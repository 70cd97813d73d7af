-- ===== src/Backtest/Record.antt =====
-- settlement/backtest.py: `record_fill`, which replays one fill into an open backtest session.
use Prim.Native.String.{◌++◌ as text_append}
use defi_engine.Base.{
  ℕ, String, Bool, false, not, ◌||◌, ◌&&◌, Option, none, some, List, [], ◌∷◌, ◌++◌, map, ltb, leb,
  ◌==◌, if◌then◌else◌, str_eq, find_first, truthy, best, select, update,
}
use defi_engine.Base.Int.{ℤ, pos, nonpositive}
use defi_engine.Base.Text.{parse_int, str_ℕ, str_ℤ}
use defi_engine.Base.Time.{Instant, DateTime, ensure_utc}
use defi_engine.Json.{Json, texts, object}
use defi_engine.Env.{Env}
use defi_engine.Settings.{usdc_mint}
use defi_engine.Truth.{
  Database, finish, Result, return, value_error, ◌>>=◌, ◌>>◌, raise_if, or_raise, BacktestSession,
  BacktestFill, BacktestPosition, BacktestSessionReport,
}
use defi_engine.Paper.{resolve_asset_decimals}
use defi_engine.Backtest.Amounts.{
  normalize_side, current_cash, compute_fee_usdc, Applied, apply_fill, position_value_usdc,
}

module _ (E : Env) where
  open E use {Float, float_zero, add, le, dumps, new_id}

  -- The arguments of `record_fill`; reasons that are not given are [].
  pub record FillRequest : Type 0 where
    pub session_id : ℕ
    pub event_time : DateTime
    pub mint : String
    pub side : String
    pub input_amount : String
    pub output_amount : String
    pub fill_price_usdc : Float
    pub replay_reference : String
    pub reason_codes : List String

  unfoldable pub find_backtest_session : Database E → ℕ → Option (BacktestSession E)
  find_backtest_session db id = find_first (λ row. row.id == id) db.backtest_sessions

  -- The fills of a session, and the last of them.
  unfoldable pub last_fill : Database E → ℕ → Option (BacktestFill E)
  last_fill db session_id =
      best (λ a b. ltb a.event_time b.event_time || (a.event_time == b.event_time && ltb a.id b.id))
        (select (λ row. row.session_id == session_id) db.backtest_fills)

  -- The event time is not after that of the last fill.
  abbrev pub goes_back : Instant → Option (BacktestFill E) → Bool
  goes_back event_time none = false
  goes_back event_time (some fill) = leb event_time fill.event_time

  unfoldable pub find_backtest_position : Database E → ℕ → String → Option (BacktestPosition E)
  find_backtest_position db session_id mint =
      find_first (λ row. row.session_id == session_id && str_eq row.mint mint) db.backtest_positions

  -- A parsed amount that is positive.
  abbrev pub positive : Option ℤ → Option ℤ
  positive none = none
  positive (some n) = if nonpositive n then none else some n

  unfoldable pub backtest_fill :
      Database E
      → BacktestSession E
      → Instant
      → String
      → ℤ
      → ℤ
      → Float
      → FillRequest
      → BacktestFill E
  unfolding str_ℤ
  backtest_fill db owner event_time side input_amount output_amount fee_usdc request = record {
    id = new_id (map (λ row. row.id) db.backtest_fills);
    session_id = request.session_id;
    event_time = event_time;
    replay_reference = request.replay_reference;
    mint = request.mint;
    side = side;
    input_amount = str_ℤ input_amount;
    output_amount = str_ℤ output_amount;
    fill_price_usdc = request.fill_price_usdc;
    fee_bps = owner.fee_bps;
    fee_usdc = fee_usdc;
    slippage_bps = owner.slippage_bps;
    latency_ms = owner.latency_ms;
    reason_codes_json = dumps (texts request.reason_codes);
    created_at = event_time;
  }

  -- The position after the fill: the old row with new values, or a new row.
  unfoldable pub marked_position :
      ℕ → Instant → Applied E → FillRequest → BacktestPosition E → BacktestPosition E
  marked_position fill_id event_time applied request position = record position {
    net_quantity = applied.net_quantity;
    cost_basis_usdc = applied.cost_basis_usdc;
    last_fill_id = fill_id;
    last_mark_source = some "fill_replay";
    last_mark_reference = some request.replay_reference;
    last_mark_price_usdc = some request.fill_price_usdc;
    last_marked_at = some event_time;
    realized_pnl_usdc = applied.realized_pnl_usdc;
    unrealized_pnl_usdc = float_zero;
    updated_at = event_time;
  }

  unfoldable pub new_position :
      Database E → ℕ → Instant → Applied E → FillRequest → BacktestPosition E
  new_position db fill_id event_time applied request = record {
    id = new_id (map (λ row. row.id) db.backtest_positions);
    session_id = request.session_id;
    mint = request.mint;
    net_quantity = applied.net_quantity;
    cost_basis_usdc = applied.cost_basis_usdc;
    last_fill_id = fill_id;
    last_mark_source = some "fill_replay";
    last_mark_reference = some request.replay_reference;
    last_mark_price_usdc = some request.fill_price_usdc;
    last_marked_at = some event_time;
    realized_pnl_usdc = applied.realized_pnl_usdc;
    unrealized_pnl_usdc = float_zero;
    updated_at = event_time;
  }

  -- The position and the table that it stands in.
  unfoldable pub positioned :
      Database E
      → ℕ
      → Instant
      → Applied E
      → FillRequest
      → Option (BacktestPosition E)
      → BacktestPosition E × List (BacktestPosition E)
  unfolding marked_position new_position update
  positioned db fill_id event_time applied request none =
      let position = new_position db fill_id event_time applied request in
      (position, db.backtest_positions ++ position ∷ [])
  positioned db fill_id event_time applied request (some old) =
      let mark = marked_position fill_id event_time applied request in
      (mark old, update (λ row. row.id == old.id) mark db.backtest_positions)

  unfoldable pub backtest_report :
      Database E
      → ℕ
      → Instant
      → Applied E
      → BacktestPosition E
      → FillRequest
      → BacktestSessionReport E
  unfolding position_value_usdc
  backtest_report db fill_id event_time applied position request =
      let value = position_value_usdc E position in
      record {
        id = new_id (map (λ row. row.id) db.backtest_reports);
        session_id = request.session_id;
        report_type = "session_snapshot";
        cash_usdc = applied.cash_after;
        position_value_usdc = value;
        equity_usdc = add applied.cash_after value;
        realized_pnl_usdc = position.realized_pnl_usdc;
        unrealized_pnl_usdc = float_zero;
        mark_method = "fill_replay";
        mark_inputs_json = dumps (
            object (
              ("replay_reference", Json.text request.replay_reference)
              ∷ ("fill_id", Json.num (pos fill_id))
              ∷ ("fill_price_usdc", Json.float request.fill_price_usdc)
              ∷ []));
        reason_codes_json = dumps (texts request.reason_codes);
        created_at = event_time;
      }

  pub record FillReceipt : Type 0 where
    pub session_id : ℕ
    pub fill_id : ℕ
    pub position_id : ℕ
    pub report_id : ℕ
    pub side : String
    pub cash_usdc : Float
    pub position_value_usdc : Float
    pub equity_usdc : Float
    pub realized_pnl_usdc : Float
    pub unrealized_pnl_usdc : Float
    pub reason_codes : List String

  -- The writes of a fill that passed every check.
  unfoldable pub recorded :
      Database E
      → BacktestFill E
      → Applied E
      → Option (BacktestPosition E)
      → FillRequest
      → FillReceipt × Database E
  unfolding positioned backtest_report
  recorded db fill applied position request =
      let (marked, positions) = positioned db fill.id fill.event_time applied request position in
      let report = backtest_report db fill.id fill.event_time applied marked request in
      (
        record {
          session_id = request.session_id;
          fill_id = fill.id;
          position_id = marked.id;
          report_id = report.id;
          side = fill.side;
          cash_usdc = report.cash_usdc;
          position_value_usdc = report.position_value_usdc;
          equity_usdc = report.equity_usdc;
          realized_pnl_usdc = report.realized_pnl_usdc;
          unrealized_pnl_usdc = report.unrealized_pnl_usdc;
          reason_codes = request.reason_codes;
        },
        record db {
          backtest_fills = db.backtest_fills ++ fill ∷ [];
          backtest_positions = positions;
          backtest_reports = db.backtest_reports ++ report ∷ [];
        },
      )

  -- `record_fill`
  unfoldable pub record_fill : FillRequest → Database E → Result FillReceipt × Database E
  unfolding ensure_utc normalize_side find_backtest_session last_fill resolve_asset_decimals
      usdc_mint parse_int find_backtest_position current_cash compute_fee_usdc apply_fill
      backtest_fill recorded
  record_fill request db = finish db (do
    event_time ←
        or_raise (ensure_utc (some request.event_time))
          (value_error "backtest_fill_event_time_missing")
    raise_if (not (truthy request.replay_reference))
        (value_error "backtest_fill_replay_reference_missing")
    side ←
        or_raise (normalize_side request.side)
          (value_error (text_append "backtest_fill_side_unsupported:" request.side))
    raise_if (le request.fill_price_usdc float_zero) (value_error "backtest_fill_price_invalid")
    owner ←
        or_raise (find_backtest_session db request.session_id)
          (value_error (text_append "backtest_session_missing:" (str_ℕ request.session_id)))
    raise_if (not (str_eq owner.status "open"))
        (value_error (text_append "backtest_session_not_open:" owner.status))
    raise_if (goes_back event_time (last_fill db request.session_id))
        (value_error "backtest_fill_event_time_non_monotonic")
    decimals ←
        or_raise
          (if str_eq request.mint usdc_mint then none else resolve_asset_decimals E db request.mint)
          (value_error (text_append "backtest_fill_mint_unsupported:" request.mint))
    input_amount ←
        or_raise (positive (parse_int (some request.input_amount)))
          (value_error "backtest_fill_input_amount_invalid")
    output_amount ←
        or_raise (positive (parse_int (some request.output_amount)))
          (value_error "backtest_fill_output_amount_invalid")
    let position = find_backtest_position db request.session_id request.mint
    let previous_cash = current_cash E db request.session_id owner.starting_cash_usdc
    let fee_usdc = compute_fee_usdc E side input_amount output_amount owner.fee_bps
    applied ← apply_fill E side previous_cash position input_amount output_amount decimals fee_usdc
    let fill = backtest_fill db owner event_time side input_amount output_amount fee_usdc request
    return (recorded db fill applied position request))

○ ○ ○ ○ ○

YOUR GOAL
Your answer should be the lines above, from the line containing "-- The arguments" up to and including the line containing "-- The event", reproduced exactly and with nothing else.

YOUR SOLUTION
  -- The arguments of `record_fill`; reasons that are not given are [].
  pub record FillRequest : Type 0 where
    pub session_id : ℕ
    pub event_time : DateTime
    pub mint : String
    pub side : String
    pub input_amount : String
    pub output_amount : String
    pub fill_price_usdc : Float
    pub replay_reference : String
    pub reason_codes : List String

  unfoldable pub find_backtest_session : Database E → ℕ → Option (BacktestSession E)
  find_backtest_session db id = find_first (λ row. row.id == id) db.backtest_sessions

  -- The fills of a session, and the last of them.
  unfoldable pub last_fill : Database E → ℕ → Option (BacktestFill E)
  last_fill db session_id =
      best (λ a b. ltb a.event_time b.event_time || (a.event_time == b.event_time && ltb a.id b.id))
        (select (λ row. row.session_id == session_id) db.backtest_fills)

  -- The event time is not after that of the last fill.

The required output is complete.